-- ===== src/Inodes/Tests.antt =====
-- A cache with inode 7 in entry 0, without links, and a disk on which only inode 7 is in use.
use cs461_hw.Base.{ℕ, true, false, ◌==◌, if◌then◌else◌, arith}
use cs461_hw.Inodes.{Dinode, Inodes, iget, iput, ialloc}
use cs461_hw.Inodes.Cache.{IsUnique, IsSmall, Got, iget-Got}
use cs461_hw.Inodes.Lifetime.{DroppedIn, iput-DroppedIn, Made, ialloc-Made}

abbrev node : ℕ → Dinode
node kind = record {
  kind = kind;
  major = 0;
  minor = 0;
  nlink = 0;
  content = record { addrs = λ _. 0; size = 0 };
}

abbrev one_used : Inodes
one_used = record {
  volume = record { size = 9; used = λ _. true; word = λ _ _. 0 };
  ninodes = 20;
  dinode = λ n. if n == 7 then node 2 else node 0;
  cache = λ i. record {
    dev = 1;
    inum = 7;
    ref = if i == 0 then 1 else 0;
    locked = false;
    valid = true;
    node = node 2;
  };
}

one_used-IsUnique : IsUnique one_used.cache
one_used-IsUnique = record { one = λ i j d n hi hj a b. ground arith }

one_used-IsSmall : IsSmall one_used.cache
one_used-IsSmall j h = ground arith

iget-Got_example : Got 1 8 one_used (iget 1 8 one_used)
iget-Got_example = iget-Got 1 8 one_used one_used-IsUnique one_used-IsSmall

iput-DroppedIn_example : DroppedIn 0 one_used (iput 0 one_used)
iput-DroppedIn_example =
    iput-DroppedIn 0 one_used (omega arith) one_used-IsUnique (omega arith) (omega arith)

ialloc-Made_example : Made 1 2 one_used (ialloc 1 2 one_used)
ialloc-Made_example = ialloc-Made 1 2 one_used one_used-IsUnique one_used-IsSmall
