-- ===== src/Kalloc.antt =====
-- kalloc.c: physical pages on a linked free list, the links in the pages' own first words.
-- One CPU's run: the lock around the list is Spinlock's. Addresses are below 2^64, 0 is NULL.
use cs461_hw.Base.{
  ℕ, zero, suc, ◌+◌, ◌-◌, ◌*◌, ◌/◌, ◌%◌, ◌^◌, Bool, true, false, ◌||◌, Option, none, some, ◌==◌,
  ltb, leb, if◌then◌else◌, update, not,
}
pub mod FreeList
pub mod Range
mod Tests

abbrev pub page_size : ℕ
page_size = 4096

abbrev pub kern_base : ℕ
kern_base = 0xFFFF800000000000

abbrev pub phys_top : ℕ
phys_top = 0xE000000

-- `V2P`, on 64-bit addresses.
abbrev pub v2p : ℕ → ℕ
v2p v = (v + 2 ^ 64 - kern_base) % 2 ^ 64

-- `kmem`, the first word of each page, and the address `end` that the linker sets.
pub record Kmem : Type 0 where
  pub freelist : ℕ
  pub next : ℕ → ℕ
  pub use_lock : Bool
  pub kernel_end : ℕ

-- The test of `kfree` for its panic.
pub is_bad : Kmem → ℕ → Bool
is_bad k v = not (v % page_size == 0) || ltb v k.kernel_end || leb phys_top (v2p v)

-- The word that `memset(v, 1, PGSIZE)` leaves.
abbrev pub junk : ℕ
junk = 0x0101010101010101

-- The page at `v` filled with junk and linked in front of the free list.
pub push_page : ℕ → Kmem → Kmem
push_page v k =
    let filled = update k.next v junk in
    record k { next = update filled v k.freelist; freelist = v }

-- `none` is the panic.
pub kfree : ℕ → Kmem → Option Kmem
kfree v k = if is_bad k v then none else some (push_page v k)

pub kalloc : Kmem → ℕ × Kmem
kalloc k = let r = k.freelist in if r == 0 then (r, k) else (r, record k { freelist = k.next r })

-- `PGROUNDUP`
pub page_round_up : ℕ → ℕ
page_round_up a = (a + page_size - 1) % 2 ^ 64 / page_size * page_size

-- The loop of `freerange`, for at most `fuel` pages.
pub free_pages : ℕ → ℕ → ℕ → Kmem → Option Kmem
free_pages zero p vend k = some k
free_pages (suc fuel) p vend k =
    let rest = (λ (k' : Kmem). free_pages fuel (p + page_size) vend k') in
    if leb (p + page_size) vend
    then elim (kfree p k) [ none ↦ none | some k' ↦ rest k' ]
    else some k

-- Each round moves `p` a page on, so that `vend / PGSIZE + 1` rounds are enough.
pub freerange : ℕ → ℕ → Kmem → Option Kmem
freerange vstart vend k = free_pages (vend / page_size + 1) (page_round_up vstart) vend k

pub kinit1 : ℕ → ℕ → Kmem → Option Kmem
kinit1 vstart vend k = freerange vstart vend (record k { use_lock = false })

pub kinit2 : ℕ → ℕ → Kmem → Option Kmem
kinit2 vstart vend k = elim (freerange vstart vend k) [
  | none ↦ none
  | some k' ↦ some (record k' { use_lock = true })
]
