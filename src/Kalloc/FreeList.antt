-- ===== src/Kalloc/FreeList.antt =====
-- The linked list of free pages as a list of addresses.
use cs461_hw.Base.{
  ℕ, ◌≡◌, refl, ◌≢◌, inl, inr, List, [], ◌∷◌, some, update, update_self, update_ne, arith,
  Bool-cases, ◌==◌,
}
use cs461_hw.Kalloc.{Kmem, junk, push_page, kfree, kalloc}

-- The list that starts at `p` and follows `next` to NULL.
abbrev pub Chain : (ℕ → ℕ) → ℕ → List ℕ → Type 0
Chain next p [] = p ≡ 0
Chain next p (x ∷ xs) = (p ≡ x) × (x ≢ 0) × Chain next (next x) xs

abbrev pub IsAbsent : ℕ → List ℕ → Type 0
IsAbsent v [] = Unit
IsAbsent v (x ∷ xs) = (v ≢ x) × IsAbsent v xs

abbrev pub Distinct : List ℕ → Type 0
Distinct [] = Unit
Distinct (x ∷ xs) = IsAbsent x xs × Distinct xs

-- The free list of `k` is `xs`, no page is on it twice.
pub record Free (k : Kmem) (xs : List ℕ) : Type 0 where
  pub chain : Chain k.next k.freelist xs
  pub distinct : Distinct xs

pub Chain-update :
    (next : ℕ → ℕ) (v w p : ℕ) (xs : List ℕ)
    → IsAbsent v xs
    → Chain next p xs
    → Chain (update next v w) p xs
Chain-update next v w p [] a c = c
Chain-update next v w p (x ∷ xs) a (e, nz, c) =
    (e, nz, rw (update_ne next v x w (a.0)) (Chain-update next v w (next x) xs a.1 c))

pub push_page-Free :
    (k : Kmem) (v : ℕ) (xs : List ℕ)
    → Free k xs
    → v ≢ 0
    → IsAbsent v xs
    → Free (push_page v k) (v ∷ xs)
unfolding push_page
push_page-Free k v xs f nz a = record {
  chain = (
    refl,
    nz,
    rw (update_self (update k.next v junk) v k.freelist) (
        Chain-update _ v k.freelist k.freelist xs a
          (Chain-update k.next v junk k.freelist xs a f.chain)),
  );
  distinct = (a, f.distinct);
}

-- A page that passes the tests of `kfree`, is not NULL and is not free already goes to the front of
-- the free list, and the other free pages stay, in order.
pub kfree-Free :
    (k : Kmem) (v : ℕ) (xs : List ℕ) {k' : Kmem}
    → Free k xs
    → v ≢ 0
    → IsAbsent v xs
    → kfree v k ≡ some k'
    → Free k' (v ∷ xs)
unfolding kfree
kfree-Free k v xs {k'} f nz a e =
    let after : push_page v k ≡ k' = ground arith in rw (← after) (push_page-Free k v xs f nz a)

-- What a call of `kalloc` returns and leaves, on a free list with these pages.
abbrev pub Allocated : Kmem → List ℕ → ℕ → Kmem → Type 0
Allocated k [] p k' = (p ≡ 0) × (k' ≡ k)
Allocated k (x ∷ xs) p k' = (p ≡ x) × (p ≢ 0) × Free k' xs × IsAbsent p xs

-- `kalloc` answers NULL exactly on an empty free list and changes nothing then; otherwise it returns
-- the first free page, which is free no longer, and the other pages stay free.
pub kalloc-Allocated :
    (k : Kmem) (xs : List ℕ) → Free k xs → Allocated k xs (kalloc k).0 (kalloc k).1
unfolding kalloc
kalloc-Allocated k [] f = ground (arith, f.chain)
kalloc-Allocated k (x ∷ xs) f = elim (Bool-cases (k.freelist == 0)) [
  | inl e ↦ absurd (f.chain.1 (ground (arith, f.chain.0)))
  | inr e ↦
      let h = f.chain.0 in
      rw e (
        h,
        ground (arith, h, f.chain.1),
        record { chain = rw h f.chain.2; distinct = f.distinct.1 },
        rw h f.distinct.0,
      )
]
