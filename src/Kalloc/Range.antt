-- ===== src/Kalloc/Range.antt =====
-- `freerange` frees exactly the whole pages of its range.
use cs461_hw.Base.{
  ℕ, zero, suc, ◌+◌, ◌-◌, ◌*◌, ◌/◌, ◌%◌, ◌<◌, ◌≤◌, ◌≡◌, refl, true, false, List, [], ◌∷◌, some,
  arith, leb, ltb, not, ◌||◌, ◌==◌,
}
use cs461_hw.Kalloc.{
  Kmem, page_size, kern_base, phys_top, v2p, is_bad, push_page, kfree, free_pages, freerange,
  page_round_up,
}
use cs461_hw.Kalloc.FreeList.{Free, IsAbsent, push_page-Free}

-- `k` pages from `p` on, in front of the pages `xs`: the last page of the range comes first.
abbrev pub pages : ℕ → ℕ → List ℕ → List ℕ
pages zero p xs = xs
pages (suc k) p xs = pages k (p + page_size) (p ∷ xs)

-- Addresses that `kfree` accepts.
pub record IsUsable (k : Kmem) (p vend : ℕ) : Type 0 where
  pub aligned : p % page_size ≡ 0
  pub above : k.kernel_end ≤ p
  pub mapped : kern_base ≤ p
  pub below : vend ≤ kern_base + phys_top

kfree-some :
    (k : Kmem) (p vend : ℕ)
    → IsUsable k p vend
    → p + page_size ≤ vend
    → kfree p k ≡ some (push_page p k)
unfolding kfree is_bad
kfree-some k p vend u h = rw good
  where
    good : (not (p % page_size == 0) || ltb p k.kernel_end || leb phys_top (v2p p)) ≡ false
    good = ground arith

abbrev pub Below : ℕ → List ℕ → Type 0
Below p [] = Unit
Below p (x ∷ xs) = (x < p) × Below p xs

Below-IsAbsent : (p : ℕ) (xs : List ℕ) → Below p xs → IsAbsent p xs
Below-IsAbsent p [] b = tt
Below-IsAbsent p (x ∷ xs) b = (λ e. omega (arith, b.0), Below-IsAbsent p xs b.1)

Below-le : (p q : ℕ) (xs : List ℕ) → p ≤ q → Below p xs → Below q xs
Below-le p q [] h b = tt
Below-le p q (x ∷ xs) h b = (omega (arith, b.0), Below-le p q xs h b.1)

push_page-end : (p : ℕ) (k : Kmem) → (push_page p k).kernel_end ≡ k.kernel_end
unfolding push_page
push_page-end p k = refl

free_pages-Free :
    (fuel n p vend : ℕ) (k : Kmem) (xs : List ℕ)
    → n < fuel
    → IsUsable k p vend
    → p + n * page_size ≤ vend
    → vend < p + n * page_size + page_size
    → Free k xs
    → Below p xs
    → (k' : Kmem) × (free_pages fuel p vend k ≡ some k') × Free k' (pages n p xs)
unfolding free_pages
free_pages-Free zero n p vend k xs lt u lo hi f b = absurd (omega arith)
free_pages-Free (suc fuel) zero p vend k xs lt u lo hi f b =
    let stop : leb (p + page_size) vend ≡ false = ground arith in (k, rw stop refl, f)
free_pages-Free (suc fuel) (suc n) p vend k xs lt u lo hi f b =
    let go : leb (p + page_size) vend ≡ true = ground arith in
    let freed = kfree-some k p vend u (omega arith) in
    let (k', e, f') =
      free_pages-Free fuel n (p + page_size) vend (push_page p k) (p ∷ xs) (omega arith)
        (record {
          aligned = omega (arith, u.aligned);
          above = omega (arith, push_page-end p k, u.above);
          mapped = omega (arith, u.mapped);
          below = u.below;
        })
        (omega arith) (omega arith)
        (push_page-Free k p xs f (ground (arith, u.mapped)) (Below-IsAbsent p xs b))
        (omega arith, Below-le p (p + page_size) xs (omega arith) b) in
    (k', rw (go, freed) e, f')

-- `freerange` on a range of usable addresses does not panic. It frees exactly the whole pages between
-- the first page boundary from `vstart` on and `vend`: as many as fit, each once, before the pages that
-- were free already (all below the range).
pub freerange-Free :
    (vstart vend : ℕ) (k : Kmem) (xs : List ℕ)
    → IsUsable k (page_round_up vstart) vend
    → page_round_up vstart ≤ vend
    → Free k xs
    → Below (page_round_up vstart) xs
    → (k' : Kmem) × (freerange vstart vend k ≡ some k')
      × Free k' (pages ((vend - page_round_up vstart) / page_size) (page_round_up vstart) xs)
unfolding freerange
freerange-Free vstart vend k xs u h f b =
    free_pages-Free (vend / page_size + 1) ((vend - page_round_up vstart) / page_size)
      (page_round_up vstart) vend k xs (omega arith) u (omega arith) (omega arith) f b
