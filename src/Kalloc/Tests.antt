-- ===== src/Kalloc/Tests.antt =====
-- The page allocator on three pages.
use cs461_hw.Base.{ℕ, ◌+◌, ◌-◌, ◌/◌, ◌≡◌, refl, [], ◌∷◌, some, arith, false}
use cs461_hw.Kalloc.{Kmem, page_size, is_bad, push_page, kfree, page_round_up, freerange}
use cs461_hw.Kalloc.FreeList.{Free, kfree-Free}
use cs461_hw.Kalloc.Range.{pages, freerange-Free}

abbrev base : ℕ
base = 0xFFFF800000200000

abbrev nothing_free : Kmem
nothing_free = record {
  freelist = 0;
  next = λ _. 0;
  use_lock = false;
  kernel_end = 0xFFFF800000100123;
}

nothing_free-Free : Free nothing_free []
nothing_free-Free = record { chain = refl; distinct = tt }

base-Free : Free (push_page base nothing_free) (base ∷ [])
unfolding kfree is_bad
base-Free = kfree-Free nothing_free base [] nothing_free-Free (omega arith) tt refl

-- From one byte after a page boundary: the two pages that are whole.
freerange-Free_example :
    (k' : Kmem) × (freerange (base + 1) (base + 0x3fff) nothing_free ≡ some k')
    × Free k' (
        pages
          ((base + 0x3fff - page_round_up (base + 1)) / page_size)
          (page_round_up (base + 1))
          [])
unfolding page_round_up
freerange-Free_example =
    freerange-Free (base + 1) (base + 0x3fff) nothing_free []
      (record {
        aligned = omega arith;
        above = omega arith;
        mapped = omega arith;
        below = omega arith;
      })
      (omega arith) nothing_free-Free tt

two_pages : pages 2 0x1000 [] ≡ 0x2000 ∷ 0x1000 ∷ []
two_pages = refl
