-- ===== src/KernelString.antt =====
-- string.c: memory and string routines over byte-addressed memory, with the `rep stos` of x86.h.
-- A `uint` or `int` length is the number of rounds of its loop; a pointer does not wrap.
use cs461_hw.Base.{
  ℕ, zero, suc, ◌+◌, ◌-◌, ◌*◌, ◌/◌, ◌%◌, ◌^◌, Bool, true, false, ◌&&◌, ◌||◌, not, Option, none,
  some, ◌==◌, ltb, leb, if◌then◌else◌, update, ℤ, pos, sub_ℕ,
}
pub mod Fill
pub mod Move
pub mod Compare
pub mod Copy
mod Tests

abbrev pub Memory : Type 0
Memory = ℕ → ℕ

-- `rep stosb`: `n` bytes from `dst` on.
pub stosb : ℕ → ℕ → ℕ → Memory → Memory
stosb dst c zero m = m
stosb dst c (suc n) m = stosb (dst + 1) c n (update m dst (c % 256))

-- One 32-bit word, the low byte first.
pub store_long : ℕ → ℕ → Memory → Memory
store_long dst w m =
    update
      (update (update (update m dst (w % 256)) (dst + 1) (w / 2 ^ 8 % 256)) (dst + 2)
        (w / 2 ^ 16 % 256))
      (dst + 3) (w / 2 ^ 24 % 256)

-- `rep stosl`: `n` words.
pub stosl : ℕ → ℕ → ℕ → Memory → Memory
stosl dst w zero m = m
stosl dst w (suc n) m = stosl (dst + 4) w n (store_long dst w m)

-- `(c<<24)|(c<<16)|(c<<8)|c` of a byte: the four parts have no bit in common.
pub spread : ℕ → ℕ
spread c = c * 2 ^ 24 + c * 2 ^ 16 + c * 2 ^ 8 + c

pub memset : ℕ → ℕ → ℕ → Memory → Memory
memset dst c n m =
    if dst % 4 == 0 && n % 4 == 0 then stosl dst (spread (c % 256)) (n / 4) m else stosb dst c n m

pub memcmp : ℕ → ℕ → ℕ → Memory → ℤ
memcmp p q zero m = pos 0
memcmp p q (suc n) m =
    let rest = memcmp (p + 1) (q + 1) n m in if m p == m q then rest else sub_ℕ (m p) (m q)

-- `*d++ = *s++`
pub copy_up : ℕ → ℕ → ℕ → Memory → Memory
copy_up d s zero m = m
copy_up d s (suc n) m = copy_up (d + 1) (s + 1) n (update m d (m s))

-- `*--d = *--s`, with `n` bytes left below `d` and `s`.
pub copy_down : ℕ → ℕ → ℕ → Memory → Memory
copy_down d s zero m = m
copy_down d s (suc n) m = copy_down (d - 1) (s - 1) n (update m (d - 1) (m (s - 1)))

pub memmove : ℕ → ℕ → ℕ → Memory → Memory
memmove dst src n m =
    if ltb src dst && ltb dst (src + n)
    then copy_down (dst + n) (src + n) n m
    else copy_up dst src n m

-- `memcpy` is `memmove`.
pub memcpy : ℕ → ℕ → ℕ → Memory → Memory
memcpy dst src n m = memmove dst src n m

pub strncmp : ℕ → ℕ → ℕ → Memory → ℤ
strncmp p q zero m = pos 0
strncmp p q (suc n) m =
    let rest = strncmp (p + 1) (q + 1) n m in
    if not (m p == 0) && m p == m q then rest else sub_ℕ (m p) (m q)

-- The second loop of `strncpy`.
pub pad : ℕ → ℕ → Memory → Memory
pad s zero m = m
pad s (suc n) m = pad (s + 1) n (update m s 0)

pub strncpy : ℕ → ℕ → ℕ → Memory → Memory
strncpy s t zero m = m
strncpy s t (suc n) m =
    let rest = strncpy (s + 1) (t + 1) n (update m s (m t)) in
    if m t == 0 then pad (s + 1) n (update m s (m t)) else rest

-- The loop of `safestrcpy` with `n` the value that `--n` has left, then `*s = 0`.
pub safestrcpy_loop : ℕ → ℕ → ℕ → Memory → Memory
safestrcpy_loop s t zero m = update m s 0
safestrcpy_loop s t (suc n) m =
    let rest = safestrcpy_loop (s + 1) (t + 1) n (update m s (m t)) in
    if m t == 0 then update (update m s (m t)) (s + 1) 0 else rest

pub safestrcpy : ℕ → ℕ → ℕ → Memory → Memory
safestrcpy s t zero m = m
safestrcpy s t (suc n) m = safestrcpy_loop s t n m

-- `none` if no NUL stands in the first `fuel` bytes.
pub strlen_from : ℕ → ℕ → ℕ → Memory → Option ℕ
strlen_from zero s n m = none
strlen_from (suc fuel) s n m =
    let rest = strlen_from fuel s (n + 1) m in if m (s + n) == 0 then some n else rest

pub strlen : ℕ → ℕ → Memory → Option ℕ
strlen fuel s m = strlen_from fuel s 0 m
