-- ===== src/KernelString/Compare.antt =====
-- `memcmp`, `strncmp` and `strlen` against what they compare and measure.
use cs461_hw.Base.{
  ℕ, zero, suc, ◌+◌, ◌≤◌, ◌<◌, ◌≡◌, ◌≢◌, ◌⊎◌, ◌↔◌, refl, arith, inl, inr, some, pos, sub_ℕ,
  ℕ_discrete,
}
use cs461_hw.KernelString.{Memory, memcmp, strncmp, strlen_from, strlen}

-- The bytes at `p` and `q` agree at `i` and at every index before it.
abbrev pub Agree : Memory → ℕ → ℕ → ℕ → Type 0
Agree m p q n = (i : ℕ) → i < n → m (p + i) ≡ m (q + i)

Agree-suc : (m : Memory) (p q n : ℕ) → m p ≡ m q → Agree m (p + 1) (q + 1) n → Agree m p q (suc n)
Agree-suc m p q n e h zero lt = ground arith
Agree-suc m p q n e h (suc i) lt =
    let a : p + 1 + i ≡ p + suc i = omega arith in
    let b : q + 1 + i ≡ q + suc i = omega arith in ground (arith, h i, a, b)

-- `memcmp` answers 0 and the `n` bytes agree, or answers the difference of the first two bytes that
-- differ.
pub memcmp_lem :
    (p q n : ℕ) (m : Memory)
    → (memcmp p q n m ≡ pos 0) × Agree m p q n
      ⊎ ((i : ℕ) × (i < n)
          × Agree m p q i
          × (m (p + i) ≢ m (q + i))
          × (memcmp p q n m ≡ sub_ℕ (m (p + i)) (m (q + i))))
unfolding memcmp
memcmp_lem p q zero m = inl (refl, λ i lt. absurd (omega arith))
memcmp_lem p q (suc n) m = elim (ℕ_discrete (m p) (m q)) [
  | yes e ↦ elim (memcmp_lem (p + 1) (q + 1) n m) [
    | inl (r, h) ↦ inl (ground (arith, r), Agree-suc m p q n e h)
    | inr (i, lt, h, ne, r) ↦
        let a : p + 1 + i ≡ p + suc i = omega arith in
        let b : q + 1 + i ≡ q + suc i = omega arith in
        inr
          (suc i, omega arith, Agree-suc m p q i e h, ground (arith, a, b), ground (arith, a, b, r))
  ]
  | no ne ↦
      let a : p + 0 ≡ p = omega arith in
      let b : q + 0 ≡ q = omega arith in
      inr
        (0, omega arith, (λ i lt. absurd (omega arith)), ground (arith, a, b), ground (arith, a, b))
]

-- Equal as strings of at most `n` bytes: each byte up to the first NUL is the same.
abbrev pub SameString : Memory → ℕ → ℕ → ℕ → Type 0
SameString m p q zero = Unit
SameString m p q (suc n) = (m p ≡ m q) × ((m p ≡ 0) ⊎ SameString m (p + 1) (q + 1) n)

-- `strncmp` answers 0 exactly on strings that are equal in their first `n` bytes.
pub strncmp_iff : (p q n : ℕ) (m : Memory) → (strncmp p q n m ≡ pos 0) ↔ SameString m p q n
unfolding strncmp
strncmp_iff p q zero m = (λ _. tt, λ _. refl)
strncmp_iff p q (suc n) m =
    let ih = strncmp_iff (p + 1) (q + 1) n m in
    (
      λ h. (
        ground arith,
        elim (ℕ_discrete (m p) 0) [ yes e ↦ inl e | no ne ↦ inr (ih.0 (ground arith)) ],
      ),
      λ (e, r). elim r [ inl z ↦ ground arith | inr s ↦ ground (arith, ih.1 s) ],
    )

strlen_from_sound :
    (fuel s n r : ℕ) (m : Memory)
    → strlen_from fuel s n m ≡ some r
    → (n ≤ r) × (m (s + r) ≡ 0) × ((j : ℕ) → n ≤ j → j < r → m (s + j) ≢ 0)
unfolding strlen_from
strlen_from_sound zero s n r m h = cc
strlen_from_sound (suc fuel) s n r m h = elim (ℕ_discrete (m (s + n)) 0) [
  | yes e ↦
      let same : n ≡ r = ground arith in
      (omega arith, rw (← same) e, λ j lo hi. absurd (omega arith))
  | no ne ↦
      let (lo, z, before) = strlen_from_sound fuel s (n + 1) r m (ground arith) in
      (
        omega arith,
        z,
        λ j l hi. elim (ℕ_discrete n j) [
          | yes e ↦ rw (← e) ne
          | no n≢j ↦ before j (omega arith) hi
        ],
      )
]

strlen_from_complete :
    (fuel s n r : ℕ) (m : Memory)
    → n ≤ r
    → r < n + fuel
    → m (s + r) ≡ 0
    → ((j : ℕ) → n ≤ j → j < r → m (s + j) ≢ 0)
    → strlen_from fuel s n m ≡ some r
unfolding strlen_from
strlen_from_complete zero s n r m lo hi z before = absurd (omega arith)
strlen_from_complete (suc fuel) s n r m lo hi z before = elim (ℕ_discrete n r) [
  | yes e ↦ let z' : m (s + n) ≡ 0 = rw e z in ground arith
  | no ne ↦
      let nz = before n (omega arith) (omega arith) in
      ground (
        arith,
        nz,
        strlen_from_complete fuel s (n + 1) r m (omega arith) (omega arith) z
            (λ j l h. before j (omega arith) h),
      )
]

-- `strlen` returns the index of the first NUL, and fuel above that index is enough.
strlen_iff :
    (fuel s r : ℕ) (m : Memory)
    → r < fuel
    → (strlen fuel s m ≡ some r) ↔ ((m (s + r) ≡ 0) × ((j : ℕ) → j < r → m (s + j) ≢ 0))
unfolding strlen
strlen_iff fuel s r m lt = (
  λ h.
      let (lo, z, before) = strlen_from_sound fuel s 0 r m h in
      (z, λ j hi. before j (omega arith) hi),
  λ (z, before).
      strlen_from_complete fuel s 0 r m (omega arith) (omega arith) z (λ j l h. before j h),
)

■ **Task prompt**: State how many lines above include the word "none", and nothing more.

■ **Answer to this problem**: 8